A lot of people call this flower "marsh marigold". It's not. Notice the leaves stay close to the ground, and the small flowers have many petals. This plant is actually Lesser Celandine, a pretty but highly invasive exotic plant that will spread across lawns and coat floodplains in what looks like green pavement. I found this one specimen in my yard, and because there was only one, I was able to dig it up, hopefully before any seeds were produced, put it in a plastic bag, and threw it in the trash, not the compost.
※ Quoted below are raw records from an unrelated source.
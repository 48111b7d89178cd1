-- ===== src/Trades/History.antt =====
-- backend/src/browserControl/tradeHistoryPanel.ts: `findMatchingClosedTrade`, which matches a trade to a
-- row of the broker's own history by side, quantity and time of entry.
pub mod Closest
use tera_trade.Prelude.{
  Bool, List, Option, String, [], any, if◌then◌else◌, leb, ltb, max, min, none, not, some, str_eq,
  true, ℕ, ◌&&◌, ◌-◌, ◌==◌, ◌∷◌,
}
use tera_trade.Trades.Rows.{ClosedTradeHistoryEntry, TradeRow}
use tera_trade.Market.{side_eq}

abbrev pub match_tolerance_ms : ℕ
match_tolerance_ms = 180_000

module _ {D : Type 0} where
  -- `Math.abs` of the difference of two times.
  abbrev pub delta_ms : TradeRow D → ClosedTradeHistoryEntry D → ℕ
  delta_ms trade entry =
      max entry.entry_time trade.entry_time - min entry.entry_time trade.entry_time

  pub is_candidate : TradeRow D → List String → ClosedTradeHistoryEntry D → Bool
  is_candidate trade excluded entry =
      not (any (λ i. str_eq i entry.broker_trade_id) excluded)
      && (side_eq entry.side trade.side
          && (entry.quantity == trade.quantity && leb (delta_ms trade entry) match_tolerance_ms))

  -- `deltaMs < bestDeltaMs`, infinite before the first match.
  pub closer_in_time :
      TradeRow D → Option (ClosedTradeHistoryEntry D) → ClosedTradeHistoryEntry D → Bool
  closer_in_time trade none entry = true
  closer_in_time trade (some best) entry = ltb (delta_ms trade entry) (delta_ms trade best)

  pub match_step :
      TradeRow D
      → List String
      → Option (ClosedTradeHistoryEntry D)
      → ClosedTradeHistoryEntry D
      → Option (ClosedTradeHistoryEntry D)
  unfolding is_candidate closer_in_time
  match_step trade excluded best entry =
      if is_candidate trade excluded entry && closer_in_time trade best entry
      then some entry
      else best

  pub match_from :
      TradeRow D
      → List String
      → Option (ClosedTradeHistoryEntry D)
      → List (ClosedTradeHistoryEntry D)
      → Option (ClosedTradeHistoryEntry D)
  unfolding match_step
  match_from trade excluded best [] = best
  match_from trade excluded best (entry ∷ entries) =
      match_from trade excluded (match_step trade excluded best entry) entries

  unfoldable pub find_matching_closed_trade :
      TradeRow D
      → List (ClosedTradeHistoryEntry D)
      → List String
      → Option (ClosedTradeHistoryEntry D)
  unfolding match_from
  find_matching_closed_trade trade entries excluded = match_from trade excluded none entries
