-- ===== src/Trades/Excursion.antt =====
-- backend/src/engine/loop.ts: `trackExcursion`, the largest favourable and adverse move of a trade.
pub mod Grown
use tera_trade.Trades.Rows.{Excursion, TradeRow, excursion_of, set_excursion}
use tera_trade.Prelude.{List, get_or, if◌then◌else◌, ℕ}
use tera_trade.Number.{Number, larger, minus, of_nat, times}
use tera_trade.Market.{Side, is_long, long, short}

module _ {D : Type 0} ⦃n : Number D⦄ where
  abbrev pub no_excursion : Excursion D
  no_excursion = record { mfe = of_nat 0; mae = of_nat 0 }

  abbrev pub direction_of : Side → D
  direction_of long = of_nat 1
  direction_of short = minus (of_nat 0) (of_nat 1)

  pub favorable_move : TradeRow D → D → D → D
  favorable_move trade high low =
      let extreme = if is_long trade.side then high else low in
      larger (of_nat 0) (times (minus extreme trade.entry_price) (direction_of trade.side))

  pub adverse_move : TradeRow D → D → D → D
  adverse_move trade high low =
      let extreme = if is_long trade.side then low else high in
      larger (of_nat 0) (times (minus trade.entry_price extreme) (direction_of trade.side))

  unfoldable pub track_excursion :
      TradeRow D → D → D → List (ℕ × Excursion D) → List (ℕ × Excursion D)
  unfolding excursion_of set_excursion favorable_move adverse_move
  track_excursion trade high low m =
      let existing = get_or (excursion_of trade.id m) no_excursion in
      set_excursion trade.id
        (record {
          mfe = larger existing.mfe (favorable_move trade high low);
          mae = larger existing.mae (adverse_move trade high low);
        })
        m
(Update: Most homeowners don't notice lesser celandine, also called fig buttercup or Ficaria verna, until there are too many to dig. Digging also requires getting every last tuber in the roots. Oftentimes, the only practical option is to use a targeted dose of herbicide. Though herbicides are demonized due to their overuse in agriculture, the selective use of low-toxicity herbicides is an important part of invasive species control, just as low-toxicity medicines are selectively used in medicine. I use a 2% wetland-safe version of glyphosate, which can be bought from companies other than Monsanto.)


The real marsh marigold, shown here, is a native with five-petaled flowers, stands more upright, and is so rare that I've only seen it growing wild once in my life. These particular plants are in my backyard, purchased from Pinelands Nursery in Columbus, NJ. I also planted some at the Princeton High School Ecolab Wetland that are in full bloom right now.

The flower and leaf of marsh marigold (Caltha palustris) are on the left, with lesser celandaine (Ranunculus ficaria) on the right.


Dandelions blooming now can make it harder to tell if you have lesser celandine in your yard.

Adding to the confusion of yellow this time of year is the Celandine Poppy (Stylophorum diphyllum), a native in the poppy family that was common in the University of Michigan arboretum, but seldom seen elsewhere. A friend in Princeton gave me some, and it has seeded into the flower bed of my backyard. Like the marsh marigold, its rareness in the field bears no relation to its willingness to grow when planted in the backyard.